Ontem a Anvisa informou que fará uma visita de inspeção à fábrica da vacina Covaxin (produzida pelo laboratório indiano Bharat Biotech e representada no Brasil pela Precisa Farmacêutica) entre os dias 1 e 5 de março, e à fábrica da União Química, que produzirá a Sputnik, entre os dias 8 e 12 de março.  A partir de tais visitas poderá ser concedido às fabricantes o certificado de "boas práticas", um primeiro passo para a aprovação do uso emergencial dos imunizantes.

Se este é o primeiro passo, podemos bem imagimar que não virá tão cedo a aprovação do uso emergencial das duas vacinas.
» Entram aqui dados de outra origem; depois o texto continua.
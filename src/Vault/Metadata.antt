-- ===== src/Vault/Metadata.antt =====
-- What the application relies on for the metadata that it keeps in a vault.
use bt_go.Prelude.{
  ℕ, ◌≡◌, refl, false, [], ◌∷◌, ◌++◌, Text, Bytes, codes, text_eq, length, Result, ok, arith,
}
use bt_go.Vault.{Vault}

-- Two names whose items, and the markers beside them, are four different files.
pub record Apart (n m : Text) : Type 0 where
  pub names : text_eq n m ≡ false
  pub marker : text_eq (n ++ codes ".version") m ≡ false
  pub marked : text_eq n (m ++ codes ".version") ≡ false
  pub markers : text_eq (n ++ codes ".version") (m ++ codes ".version") ≡ false

pub record MetadataStorage {V : Type 0} (vault : Vault V) : Type 0 where
  -- A complete item is stored, and read back with its version.
  pub put_ok :
      (s : V) (host name : Text) (b : Bytes) (version : ℕ)
      → (vault.put_metadata host name (ok b) (length b) version s).0 ≡ ok tt
  pub put_get :
      (s : V) (host name : Text) (b : Bytes) (version : ℕ)
      → vault.get_metadata host name (vault.put_metadata host name (ok b) (length b) version s).1
        ≡ ok b
  pub put_version :
      (s : V) (host name : Text) (b : Bytes) (version : ℕ)
      → vault.get_metadata_version host name
          (vault.put_metadata host name (ok b) (length b) version s).1
        ≡ ok version
  -- It leaves the other items of the host alone, and so does an upload of content.
  pub put_apart_get :
      (s : V) (host name other : Text) (r : Result Bytes) (n version : ℕ)
      → Apart name other
      → vault.get_metadata host other (vault.put_metadata host name r n version s).1
        ≡ vault.get_metadata host other s
  pub put_apart_version :
      (s : V) (host name other : Text) (r : Result Bytes) (n version : ℕ)
      → Apart name other
      → vault.get_metadata_version host other (vault.put_metadata host name r n version s).1
        ≡ vault.get_metadata_version host other s
  pub content_version :
      (s : V) (host name c : Text) (r : Result Bytes) (n : ℕ)
      → vault.get_metadata_version host name (vault.put_content c r n s).1
        ≡ vault.get_metadata_version host name s

-- Keys with one host in front.
pub text_eq-append : (h x y : Text) → text_eq (h ++ x) (h ++ y) ≡ text_eq x y
unfolding text_eq
text_eq-append [] x y = ground arith
text_eq-append (c ∷ cs) x y = ground (arith, text_eq-append cs x y)

-- A marker is not the item that it marks.
pub not_own_marker : (n : Text) → text_eq (n ++ codes ".version") n ≡ false
unfolding text_eq
not_own_marker [] = refl
not_own_marker (c ∷ cs) = ground (arith, not_own_marker cs)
Continuamos assim dependendo da relação tumultuada entre o Ministério da Saúde e o Butantã, por conta das refregas entre Bolsonaro e o governador tucano João Dória, para a obtenção de mais doses da Coronavac, e do início da produção da Astrazeneca pela Fiocruz, esperado para o final de março.  

Diante de tudo o que o governo faz para dificultar o uso de outros imunizantes, não há como não nos perguntarmos: existem interesses obscuros nesta questão ou apenas o impulso necrófilo de Bolsonaro para que a mortande continue?

Nesta altura, quando mais danosa a pandemia, melhor para seu discurso de candidato em 2022: "preciso ser reeleito por que a pandemia  quebrou a economia e não me deixou governar". E haverá quem caia novamente na lábia do genocida.

Como já entendemos, Bolsonaro lamenta muito mais os efeitos econômicos dos que a mortandade trazida pela pandemia.